# Bandsaw jig to quarter saw small logs



## Split (Aug 21, 2013)

Does anyone know how I might be able to quarter saw some small logs with a bandsaw?


----------



## Wildwood (Jul 22, 2012)

I tried doing a search here for band saw sleds and could not find any to post.

If you do an online search will see several example of them you can modify to fit your needs.


----------



## FatherHooligan (Mar 27, 2008)

Maybe http://lumberjocks.com/projects/97927

I tried 
Bandsaw resaw sleds :"lumberjocks.com"


----------



## jsf (Feb 21, 2014)

Not sure if this is what you are looking for or not but try this…

Log Mill

Jeff


----------



## Lumchuck (Feb 9, 2011)

Ive trying to find one too, I run across some spalted Maple in my wood pile now and again sure would like to figure a way to run some of that thru my 20 in bandsaw.
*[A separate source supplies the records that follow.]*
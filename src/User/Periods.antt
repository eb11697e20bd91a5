-- ===== src/User/Periods.antt =====
-- internal/user/user.go: the reset of the day, week and month counters. The local calendar (package
-- `time` with the zone of the server, a table outside the program) is the parameter `local`.
use weave_ftpd.Base.{Bool, true, false, ◌&&◌, ◌||◌, not, if◌then◌else◌}
use weave_ftpd.Base.Int.{ℤ, pos, leb_ℤ, eqb_ℤ}
use weave_ftpd.User.Account.{User, no_traffic}

-- Date() and ISOWeek() of an instant in the server's zone.
pub record LocalTime : Type 0 where
  pub year : ℤ
  pub month : ℤ
  pub day : ℤ
  pub iso_year : ℤ
  pub iso_week : ℤ

unfoldable pub same_local_day : LocalTime → LocalTime → Bool
same_local_day a b = eqb_ℤ a.year b.year && (eqb_ℤ a.month b.month && eqb_ℤ a.day b.day)

unfoldable pub same_local_month : LocalTime → LocalTime → Bool
same_local_month a b = eqb_ℤ a.year b.year && eqb_ℤ a.month b.month

unfoldable pub same_iso_week : LocalTime → LocalTime → Bool
same_iso_week a b = eqb_ℤ a.iso_year b.iso_year && eqb_ℤ a.iso_week b.iso_week

unfoldable pub first_known : ℤ → ℤ → ℤ → ℤ
first_known a b c = let d = (if leb_ℤ a (pos 0) then b else a) in if leb_ℤ d (pos 0) then c else d

-- The instant that the counters date from; not positive if it is not known.
unfoldable pub anchor_of : User → ℤ
unfolding first_known
anchor_of u = first_known u.period_anchor u.file_mod_time u.last_login

unfoldable pub reset_day : Bool → User → User
reset_day same u = if same then u else record u { day_up = no_traffic; day_dn = no_traffic }

unfoldable pub reset_week : Bool → User → User
reset_week same u = if same then u else record u { wk_up = no_traffic; wk_dn = no_traffic }

unfoldable pub reset_month : Bool → User → User
reset_month same u = if same then u else record u { month_up = no_traffic; month_dn = no_traffic }

unfoldable pub reset_with : Bool → Bool → Bool → ℤ → User → User × Bool
unfolding reset_day reset_week reset_month
reset_with same_day same_week same_month now u =
    let u' = reset_month same_month (reset_week same_week (reset_day same_day u)) in
    if not same_day || (not same_week || not same_month)
    then (record u' { period_anchor = now }, true)
    else (u', false)

module _ (local : ℤ → LocalTime) where
  unfoldable pub reset_stats_from : LocalTime → ℤ → User → User × Bool
  reset_stats_from prev now u =
      reset_with (same_local_day prev (local now)) (same_iso_week prev (local now))
        (same_local_month prev (local now)) now u

  -- ResetTransferStatPeriodsIfDue
  unfoldable pub reset_transfer_stat_periods_if_due : ℤ → User → User × Bool
  unfolding reset_stats_from
  reset_transfer_stat_periods_if_due now u =
      if leb_ℤ (anchor_of u) (pos 0)
      then (u, false)
      else reset_stats_from (local (anchor_of u)) now u
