-- ===== src/User/Sample.antt =====
-- An account and a calendar to run the definitions on.
use weave_ftpd.Base.{[], ◌∷◌, codes}
use weave_ftpd.Base.Int.{ℤ, pos}
use weave_ftpd.User.Account.{User, no_traffic}
use weave_ftpd.User.Periods.{LocalTime}

abbrev pub ann : User
ann = record {
  name = codes "ann";
  password = [];
  uid = pos 1;
  gid = pos 1;
  flags = codes "3";
  tagline = [];
  home_root = [];
  home_dir = [];
  current_dir = [];
  added = pos 0;
  last_login = pos 5;
  period_anchor = pos 5;
  file_mod_time = pos 5;
  expires = pos 0;
  credits = pos 1000;
  ratio = pos 3;
  groups = [];
  primary_group = codes "staff";
  ips = codes "*@*" ∷ [];
  all_up = record { files = pos 4; bytes = pos 40; meta = pos 0 };
  all_dn = no_traffic;
  wk_up = no_traffic;
  wk_dn = no_traffic;
  day_up = record { files = pos 1; bytes = pos 10; meta = pos 0 };
  day_dn = no_traffic;
  month_up = no_traffic;
  month_dn = no_traffic;
  nuke_stat = record { files = pos 2; bytes = pos 20; meta = pos 0 };
  login_slots = pos 2;
  max_sim = pos 0;
  upload_slots = pos 0;
  download_slots = pos 0;
  weekly_allotment = pos 0;
}

-- A calendar in which each instant is a day of its own in one month and week.
abbrev pub sample_local : ℤ → LocalTime
sample_local t = record {
  year = pos 2024;
  month = pos 2;
  day = t;
  iso_year = pos 2024;
  iso_week = pos 7;
}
I was thinking of a long table that makes an infeed and outfeed extention, sort of wrap around the bed with a miter slot running the length. Then some kind of adjustable fence sled that would have a runner in the miter sled. Screw the log on the sleds fence run it thru, then move it over for the next cut. Maybe someone has done something like this and could get us on the right track.


----------



## Wildwood (Jul 22, 2012)

This article & plans for building a band saw sled one of the best around. You always adjust that plan & build one to meet your needs

http://www.americanwoodworker.com/userdocs/articles/200008/main/index.html

Can see several different styles on YouTube.


----------